Jose M. Osorio | Chicago Tribune
City inspectors from the Department of Buildings arrive at the studio space for musician R. Kelly at 219 N. Justine St. in Chicago.
Jose M. Osorio | Chicago Tribune
The studio space for musician R. Kelly at 219 N. Justine St. in Chicago.

CHICAGO — Building inspectors on Wednesday identified a number of code violations at R. Kelly’s Chicago recording studio, finding evidence that the industrial space was used as a residence even though it was not zoned for that purpose, the city Buildings Department announced.

A team of inspectors spent about an hour inside the R&B superstar’s Near West Side studio at 219 N. Justine St. carrying out an investigation and will present a list of the violations at a court hearing Tuesday, according to department spokesman Gregg Cunningham.

“City inspectors will now process and itemize the building code violations observed during the inspection and will incorporate the violations into an amended complaint for the next court hearing,” Cunningham said in an emailed statement.

Any penalties will be determined in court, Cunningham added.
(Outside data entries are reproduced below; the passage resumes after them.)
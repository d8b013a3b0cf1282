-- ===== src/Http2/Hpack/Blocks/Connection.antt =====
-- HpackEncoder and HpackDecoder of src/KernelHttpLib/http2/Hpack.cpp over the blocks of a
-- connection, from Initialize on.
use win_kernel_http.Common.{
  ℕ, List, [], ◌∷◌, ◌+◌, ◌*◌, ◌^◌, ◌≤◌, ◌<◌, ◌≡◌, refl, ◌∙◌, inl, inr, true, false, Bool-cases, All,
  ◌==◌, Option, none, some, length, arith,
}
use win_kernel_http.Common.Buffer.{Bytes}
use win_kernel_http.Common.Status.{Result, ok, err}
use win_kernel_http.Http2.Hpack.Table.{Field}
use win_kernel_http.Http2.Hpack.Table.Run.{fresh_table, fresh-IsModel, initialize_table_fresh}
use win_kernel_http.Http2.Hpack.Decoder.{HpackDecoder, initialize_decoder, decode}
use win_kernel_http.Http2.Hpack.Encoder.{
  HpackEncoder, initialize_encoder, update_encoder_max_table_size, encode,
}
use win_kernel_http.Http2.Hpack.Blocks.Fold.{fold_fields}
use win_kernel_http.Http2.Hpack.Blocks.Agreement.{Agree}
use win_kernel_http.Http2.Hpack.Blocks.Names.{IsHeader}
use win_kernel_http.Http2.Hpack.Blocks.Rounds.{always}
use win_kernel_http.Http2.Hpack.Blocks.Delivery.{texts_size, block_bound, header_list_size_of}
use win_kernel_http.Http2.Hpack.Blocks.RoundTrip.{InStep, settled, announcing, block_round_trip}

-- A new limit for the encoder's table, if any, and the block behind it.
pub record Exchange : Type 0 where
  pub resize : Option ℕ
  pub headers : List Field

abbrev pub resized : Option ℕ → HpackEncoder → HpackEncoder
resized none e = e
resized (some n) e = update_encoder_max_table_size n e

-- The limits of both ends: the space for a block, and what the decoder is called with.
pub record Limits : Type 0 where
  pub space : ℕ
  pub header_capacity : ℕ
  pub capacity : ℕ
  pub max_header_list_size : ℕ

-- What the decoder makes of what the encoder wrote.
abbrev pub received : Limits → HpackDecoder → Result Bytes → HpackDecoder × Result (List Field × ℕ)
received l d (err status) = (d, err status)
received l d (ok block) = decode always d block l.header_capacity l.capacity l.max_header_list_size

-- The headers that the decoder returns for every block, with the case of the names folded.
abbrev pub folded : Result (List Field × ℕ) → Result (List Field)
folded (err status) = err status
folded (ok (fs, used)) = ok (fold_fields fs)

abbrev pub exchange_all :
    Limits → List Exchange → HpackEncoder → HpackDecoder → List (Result (List Field))
exchange_all l [] e d = []
exchange_all l (x ∷ xs) e d =
    let sent = encode always (resized x.resize e) x.headers l.space in
    let got = received l d sent.1 in folded got.1 ∷ exchange_all l xs sent.0 got.0

abbrev pub sent_headers : List Exchange → List (Result (List Field))
sent_headers [] = []
sent_headers (x ∷ xs) = ok (fold_fields x.headers) ∷ sent_headers xs

-- A limit that the decoder admits, and headers for which both ends have room.
abbrev pub IsAdmitted : ℕ → Option ℕ → Type 0
IsAdmitted max_table_size none = Unit {0}
IsAdmitted max_table_size (some n) = n ≤ max_table_size

pub record IsExchange (l : Limits) (max_table_size : ℕ) (x : Exchange) : Type 0 where
  pub admitted : IsAdmitted max_table_size x.resize
  pub fine : All IsHeader x.headers
  pub fits : 6 + block_bound x.headers ≤ l.space
  pub room : 2 * texts_size x.headers ≤ l.capacity
  pub listed : header_list_size_of x.headers ≤ l.max_header_list_size
  pub count : length x.headers ≤ l.header_capacity

resized-InStep :
    (resize : Option ℕ) (e : HpackEncoder) (d : HpackDecoder)
    → e.table_size_update_pending ≡ false
    → Agree e.table d.table
    → IsAdmitted d.max_table_size resize
    → d.max_table_size < 2 ^ 32
    → InStep (resized resize e) d
unfolding update_encoder_max_table_size
resized-InStep none e d quiet h admitted small = settled quiet h
resized-InStep (some n) e d quiet h admitted small = elim (Bool-cases (e.max_table_size == n)) [
  | inl same ↦ rw same (settled quiet h)
  | inr new ↦ rw new (announcing e.table refl h refl admitted (omega arith))
]

module _ (l : Limits) (small_capacity : l.capacity < 2 ^ 62)
    (small_limit : l.max_header_list_size < 2 ^ 64) where
  exchanges_read :
      (xs : List Exchange) (e : HpackEncoder) (d : HpackDecoder) (max_table_size : ℕ)
      → d.max_table_size ≡ max_table_size
      → max_table_size < 2 ^ 32
      → e.table_size_update_pending ≡ false
      → Agree e.table d.table
      → All (IsExchange l max_table_size) xs
      → exchange_all l xs e d ≡ sent_headers xs
  exchanges_read [] e d max_table_size m small quiet h fine = refl
  exchanges_read (x ∷ xs) e d max_table_size m small quiet h (now, later) =
      let admitted : IsAdmitted d.max_table_size x.resize = rw m now.admitted in
      let in_step = resized-InStep x.resize e d quiet h admitted (omega arith) in
      let (block, written, read) =
        block_round_trip l.header_capacity l.capacity l.max_header_list_size small_capacity
          small_limit (resized x.resize e) d x.headers l.space now.fine now.fits now.room now.listed
          now.count in_step in
      let rest =
        exchanges_read xs (encode always (resized x.resize e) x.headers l.space).0
          (decode always d block l.header_capacity l.capacity l.max_header_list_size).0
          max_table_size (read.same_max ∙ m) small read.announced read.agree later in
      rw (written, read.succeeds, read.same, rest) refl

  -- For decoder limits with an output buffer below 2^62 bytes and a header list limit below 2^64,
  -- let an encoder and a decoder be initialised with the same table size, above 0 and below 2^32,
  -- where every allocation succeeds. Then both initialisations succeed, and for any sequence of
  -- blocks, each with at most one new limit for the encoder's table in front that is no larger than
  -- the decoder's table size, the decoder returns for every block the headers that the encoder was
  -- given, in order, up to the ASCII case of their names. Each header must have a name and be of
  -- bytes, with less than 2^26 of them; the space for a block must hold 6 bytes and for each header
  -- 13 and its texts, the output buffer twice the texts, and the array and the header list limit
  -- the headers.
  pub connection_round_trip :
      (e : HpackEncoder) (d : HpackDecoder) (max_table_size : ℕ) (xs : List Exchange)
      → 0 < max_table_size
      → max_table_size < 2 ^ 32
      → All (IsExchange l max_table_size) xs
      → (e1 : HpackEncoder) × (d1 : HpackDecoder) × (initialize_encoder true true max_table_size e
          ≡ ok e1)
        × (initialize_decoder true true max_table_size d ≡ ok d1)
        × (exchange_all l xs e1 d1 ≡ sent_headers xs)
  unfolding initialize_encoder initialize_decoder
  connection_round_trip e d max_table_size xs p small fine =
      let fresh = fresh-IsModel max_table_size (omega arith) in
      let agree : Agree (fresh_table max_table_size) (fresh_table max_table_size) = record {
        sender = fresh.table;
        receiver = fresh.table;
        limit = refl;
        small = small;
        within = omega arith;
        same = refl;
      } in
      (
        _,
        _,
        rw (initialize_table_fresh max_table_size e.table p (omega arith)) refl,
        rw (initialize_table_fresh max_table_size d.table p (omega arith)) refl,
        exchanges_read xs
            (record {
              table = fresh_table max_table_size;
              max_table_size = max_table_size;
              pending_table_size = max_table_size;
              table_size_update_pending = false;
            })
            (record { table = fresh_table max_table_size; max_table_size = max_table_size })
            max_table_size refl small refl agree fine,
      )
The studio’s owner could be fined up to $1,000 per day per violation — costs that could be passed on to Kelly if he was in violation of the terms of his lease.

Steve Greenberg, an attorney for Kelly, said no one was living at the studio and that it should not be surprising that it included places for sleeping or taking breaks.

“They certainly didn’t find anything that would support any of these ridiculous allegations that have been made, and that’s what I’m concerned with,” Greenberg said.

Cunningham would not provide further details about what inspectors saw when they went inside the two-story brick warehouse about 12:10 p.m. Wednesday. He said the team included inspectors for plumbing, electrical systems and carpentry as well as inspectors from the Fire Prevention Bureau.

The inspection was not related to any possible criminal investigation involving the Chicago musician following the Lifetime documentary series “Surviving R. Kelly,” which aired earlier this month and renewed attention on sexual abuse allegations that have dogged Kelly for decades.

While officials conducted the inspection Wednesday, police blocked off an alley near the studio between Laflin and Justine streets. Police were there to assist with any dangerous building conditions that might have developed, Cunningham said.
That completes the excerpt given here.